Ph.D Thesis

Ph.D StudentSebban Partush Nimrod
SubjectDifferential Program Analysis
DepartmentDepartment of Computer Science
Supervisor PROF. Eran Yahav
Full Thesis textFull thesis text - English Version


The evolution of software is an emerging research topic, receiving much attention and focus, as every line of code written today is more likely to belong to an existing piece of software. Identifying and modeling the semantic impact of these patches in a sound and precise way is a paramount goal yet to be fulfilled. This work is an effort to generate sound, precise and scalable analysis methods for modeling the differences and measuring the similarity between programs.

This work first focuses on computing semantic differences in numerical programs where the values of variables have no a-priori bounds, and uses abstract interpretation to compute an over-approximation of program differences. Computing differences and establishing equivalence under abstraction requires abstracting relationships between variables in the two programs. Towards that end, a correlating program is first constructed, in which these relationships can be tracked, and then a correlating abstract domain is used to compute a sound approximation of these relationships. The construction of the correlating program relies on syntactic similarity. To better establish equivalence between correlated variables and precisely capture differences, the abstract domain has to represent non-convex information using a partially-disjunctive abstract domain. To balance precision and cost of this representation, the domain over-approximates numerical information while preserving equivalence between correlated variables by dynamically partitioning the disjunctive state according to equivalence criteria.

This approximation of difference can be computed over any interleaving of the two programs. However, the choice of interleaving can significantly affect precision. As the construction of the correlating programs limited the approach to syntactically similar programs, this work further presents a speculative search algorithm that aims to find an interleaving of the two programs with minimal abstract semantic difference.
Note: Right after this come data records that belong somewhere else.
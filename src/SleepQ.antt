-- ===== src/SleepQ.antt =====
-- Sleep queues (core/src/ksleepq.c).
pub mod Defs
pub mod Loop
pub mod Laws
mod Tests
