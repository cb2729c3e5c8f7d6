-- ===== src/SleepQ/Laws.antt =====
-- What kSleepQueueWake does to a sleep queue (core/src/ksleepq.c).
use rk.Base.{ℕ, ◌≤◌, ◌<◌, ◌≡◌, ◌⊎◌, Bool, Option, none, List, [], ◌++◌, length}
use rk.Base.Distinct.{All}
use rk.Err.{Err, success}
use rk.Kernel.{Kernel, Status}
use rk.Sched.Queue.{prio_of}
use rk.Sched.Resched.{lock}
use rk.SleepQ.Defs.{wake_loop, written}
use rk.SleepQ.Loop.{of_prio}

-- `ws` in two parts, of which the first has `tasks` members, or all where there are no more or
-- where `tasks` is 0
abbrev pub IsSplit : ℕ → List ℕ → List ℕ → List ℕ → Type 0
IsSplit tasks ws woken left =
    (ws ≡ woken ++ left)
    × (((tasks ≡ 0) × (left ≡ []))
        ⊎ ((0 < tasks) × (length woken ≤ tasks) × ((left ≡ []) ⊎ (length woken ≡ tasks))))

module _ (k : Kernel) (r a n : ℕ) where
  abbrev ws : List ℕ
  ws = (k.sleepqs a).waiting

  -- the loop on the kernel with the scheduler locked
  abbrev looped : Option ℕ × Kernel
  looped = wake_loop n (lock k r) a ws none

-- how a wake-up of `tasks` tasks ends, seen from priority `p`
abbrev pub Wakes : Kernel → ℕ → ℕ → ℕ → Bool → Err × Option ℕ × Kernel → Type 0
Wakes k a tasks p there (e, n, k') =
    (e ≡ success)
    × (woken : List ℕ) × (left : List ℕ) × IsSplit tasks (k.sleepqs a).waiting woken left
    × ((k'.sleepqs a).waiting ≡ left)
    × (n ≡ written there (length left))
    × All (λ t. (k'.tasks t).status ≡ Status.ready) woken
    × (k'.ready_lists p ≡ k.ready_lists p ++ of_prio (prio_of k) p woken)
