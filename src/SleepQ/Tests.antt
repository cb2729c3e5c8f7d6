-- ===== src/SleepQ/Tests.antt =====
-- A wake-up of two of three sleeping tasks, and one asked for by an interrupt.
use rk.Base.{◌≡◌, refl, true, false, [], ◌∷◌, length}
use rk.Err.{invalid_param}
use rk.Kernel.{Kernel, sample_kernel}
use rk.SleepQ.Defs.{wake_ready, wake_deferred}

-- tasks 3, 5 and 2 sleep
abbrev three_sleep : Kernel
three_sleep = record sample_kernel {
  sleepqs = λ a. record (sample_kernel.sleepqs a) { waiting = 3 ∷ 5 ∷ 2 ∷ [] };
}

abbrev from_isr : Kernel
from_isr = record three_sleep { in_isr = true }

isr_refused : (wake_ready from_isr 4 8 2 true).0 ≡ invalid_param
unfolding wake_ready wake_deferred
isr_refused = refl

isr_deferred : length (wake_ready from_isr 4 8 2 false).2.jobs ≡ 1
unfolding wake_ready wake_deferred
isr_deferred = refl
This method is unique as it allows the analysis to dynamically alternate between several interleavings.

Next, to allow a scalable computation of difference for whole programs, change impact analysis (CIA) is employed. CIA refers to the task of determining the set of program statements affected by a program change. The approach shows how to leverage differential invariants to make dataflow based CIA change-semantics aware, thereby improving precision in the presence of semantics preserving changes. A novel anytime algorithm allows costly differential invariant generation to be applied incrementally to refine the set of impacted statements.

Finally, the problem of finding similar procedures in stripped binaries is addressed. A new statistical approach is presented for measuring similarity between two procedures. The notion of similarity makes it possible to find similar code even when it has been compiled using different compilers, or has been slightly modified.

The main idea is to use similarity by composition: decompose the code into smaller comparable fragments, define semantic similarity between fragments, and use statistical reasoning to lift fragment similarity into similarity between procedures.

All of the approaches specified in this work are evaluated using real-world code projects. The evaluation shows the benefit of each approach and its ability to produce a sound and precise description of difference and similarity.